__ACTIVITY__: Compute how many lines below contain the word "msgrcv" and respond with that number only.

*****

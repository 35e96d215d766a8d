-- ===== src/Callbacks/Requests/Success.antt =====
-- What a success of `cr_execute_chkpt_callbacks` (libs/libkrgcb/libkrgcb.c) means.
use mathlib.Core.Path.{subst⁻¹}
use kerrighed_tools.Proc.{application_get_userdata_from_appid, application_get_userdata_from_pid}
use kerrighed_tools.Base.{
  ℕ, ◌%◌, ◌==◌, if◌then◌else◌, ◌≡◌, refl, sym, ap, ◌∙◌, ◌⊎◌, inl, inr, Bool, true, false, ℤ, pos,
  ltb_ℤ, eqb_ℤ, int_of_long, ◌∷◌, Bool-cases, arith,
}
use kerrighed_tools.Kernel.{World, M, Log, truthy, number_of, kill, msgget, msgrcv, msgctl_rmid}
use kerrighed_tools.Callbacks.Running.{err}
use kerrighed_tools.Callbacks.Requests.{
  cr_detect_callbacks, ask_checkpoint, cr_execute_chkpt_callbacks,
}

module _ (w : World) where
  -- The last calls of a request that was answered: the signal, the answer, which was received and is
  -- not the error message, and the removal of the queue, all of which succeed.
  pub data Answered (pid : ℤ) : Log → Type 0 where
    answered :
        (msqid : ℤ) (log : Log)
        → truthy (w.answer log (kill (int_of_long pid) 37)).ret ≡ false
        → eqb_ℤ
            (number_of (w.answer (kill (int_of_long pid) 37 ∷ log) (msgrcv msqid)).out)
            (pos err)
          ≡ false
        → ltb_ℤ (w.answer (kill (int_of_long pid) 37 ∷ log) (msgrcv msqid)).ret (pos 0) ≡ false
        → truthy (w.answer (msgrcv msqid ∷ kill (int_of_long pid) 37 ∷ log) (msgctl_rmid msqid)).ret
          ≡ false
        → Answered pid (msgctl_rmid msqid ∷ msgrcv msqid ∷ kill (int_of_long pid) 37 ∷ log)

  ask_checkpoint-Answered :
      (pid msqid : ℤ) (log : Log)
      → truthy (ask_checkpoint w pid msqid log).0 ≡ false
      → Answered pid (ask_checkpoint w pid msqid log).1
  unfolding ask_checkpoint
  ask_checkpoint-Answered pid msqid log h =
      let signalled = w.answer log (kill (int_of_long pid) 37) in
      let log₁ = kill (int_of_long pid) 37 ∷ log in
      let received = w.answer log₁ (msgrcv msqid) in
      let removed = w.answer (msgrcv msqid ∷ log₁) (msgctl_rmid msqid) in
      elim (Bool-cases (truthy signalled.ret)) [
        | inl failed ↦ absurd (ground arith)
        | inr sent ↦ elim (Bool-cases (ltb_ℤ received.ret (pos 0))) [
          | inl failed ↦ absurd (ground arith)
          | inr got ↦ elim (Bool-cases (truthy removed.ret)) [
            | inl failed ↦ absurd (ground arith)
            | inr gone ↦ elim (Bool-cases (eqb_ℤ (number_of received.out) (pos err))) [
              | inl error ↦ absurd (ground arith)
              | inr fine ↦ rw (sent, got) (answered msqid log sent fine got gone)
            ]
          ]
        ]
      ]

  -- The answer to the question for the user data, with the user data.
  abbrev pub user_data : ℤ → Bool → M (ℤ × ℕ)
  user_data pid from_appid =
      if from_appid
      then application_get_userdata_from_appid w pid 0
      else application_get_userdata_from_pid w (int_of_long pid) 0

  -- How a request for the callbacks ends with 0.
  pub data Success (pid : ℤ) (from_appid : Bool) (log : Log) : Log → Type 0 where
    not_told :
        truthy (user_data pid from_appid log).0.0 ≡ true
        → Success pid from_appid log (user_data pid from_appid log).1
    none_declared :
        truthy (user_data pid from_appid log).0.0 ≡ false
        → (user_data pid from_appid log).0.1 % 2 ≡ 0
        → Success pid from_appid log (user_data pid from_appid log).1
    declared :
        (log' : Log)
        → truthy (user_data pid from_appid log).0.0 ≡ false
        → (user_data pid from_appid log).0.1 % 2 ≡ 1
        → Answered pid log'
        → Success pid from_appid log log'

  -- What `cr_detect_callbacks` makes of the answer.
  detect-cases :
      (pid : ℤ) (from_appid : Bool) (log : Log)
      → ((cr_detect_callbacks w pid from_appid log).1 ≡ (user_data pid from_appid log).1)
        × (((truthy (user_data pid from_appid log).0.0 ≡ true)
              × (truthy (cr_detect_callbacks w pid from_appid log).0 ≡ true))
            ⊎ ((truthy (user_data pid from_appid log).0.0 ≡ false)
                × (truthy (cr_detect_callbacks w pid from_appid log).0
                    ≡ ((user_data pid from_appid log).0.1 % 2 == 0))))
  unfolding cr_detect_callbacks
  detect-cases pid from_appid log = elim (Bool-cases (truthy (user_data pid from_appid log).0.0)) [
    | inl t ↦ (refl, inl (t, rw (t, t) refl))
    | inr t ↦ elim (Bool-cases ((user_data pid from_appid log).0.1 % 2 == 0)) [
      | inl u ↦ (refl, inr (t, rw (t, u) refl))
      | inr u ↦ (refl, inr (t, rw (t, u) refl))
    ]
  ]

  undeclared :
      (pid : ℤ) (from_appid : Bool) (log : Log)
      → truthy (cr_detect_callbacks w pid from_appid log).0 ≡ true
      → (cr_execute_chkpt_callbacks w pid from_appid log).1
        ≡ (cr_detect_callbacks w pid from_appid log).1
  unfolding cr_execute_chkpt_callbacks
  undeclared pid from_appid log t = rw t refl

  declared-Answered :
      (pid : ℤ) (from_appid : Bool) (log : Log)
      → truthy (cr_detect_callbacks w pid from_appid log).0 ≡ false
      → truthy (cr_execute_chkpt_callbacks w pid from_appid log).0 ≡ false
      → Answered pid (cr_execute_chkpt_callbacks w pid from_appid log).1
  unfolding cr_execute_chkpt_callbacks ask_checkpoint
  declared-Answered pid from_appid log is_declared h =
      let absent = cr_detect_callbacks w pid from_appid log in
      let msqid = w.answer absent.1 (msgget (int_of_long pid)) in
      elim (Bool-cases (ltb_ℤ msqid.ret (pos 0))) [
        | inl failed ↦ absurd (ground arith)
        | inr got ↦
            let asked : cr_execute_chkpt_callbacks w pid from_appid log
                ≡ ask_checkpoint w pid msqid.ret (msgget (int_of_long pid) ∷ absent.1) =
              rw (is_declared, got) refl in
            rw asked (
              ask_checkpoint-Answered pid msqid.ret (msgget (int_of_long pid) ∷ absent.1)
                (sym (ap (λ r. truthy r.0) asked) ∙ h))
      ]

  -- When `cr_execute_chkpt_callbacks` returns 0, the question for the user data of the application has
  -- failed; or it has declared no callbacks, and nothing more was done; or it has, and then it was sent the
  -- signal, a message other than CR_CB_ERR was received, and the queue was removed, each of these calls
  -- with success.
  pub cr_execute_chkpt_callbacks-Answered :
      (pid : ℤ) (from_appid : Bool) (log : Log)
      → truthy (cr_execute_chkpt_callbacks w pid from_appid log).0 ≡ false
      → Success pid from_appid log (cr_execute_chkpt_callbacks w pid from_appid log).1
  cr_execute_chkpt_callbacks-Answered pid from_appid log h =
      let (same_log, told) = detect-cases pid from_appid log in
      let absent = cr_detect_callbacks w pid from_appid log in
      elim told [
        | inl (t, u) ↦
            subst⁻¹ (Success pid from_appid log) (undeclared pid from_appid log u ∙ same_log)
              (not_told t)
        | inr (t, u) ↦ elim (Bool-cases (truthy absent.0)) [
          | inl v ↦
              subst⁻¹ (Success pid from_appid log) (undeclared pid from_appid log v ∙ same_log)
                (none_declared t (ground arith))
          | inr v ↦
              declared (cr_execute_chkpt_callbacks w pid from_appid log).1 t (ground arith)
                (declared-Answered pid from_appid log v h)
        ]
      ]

*****

__RESPONSE AREA__: 7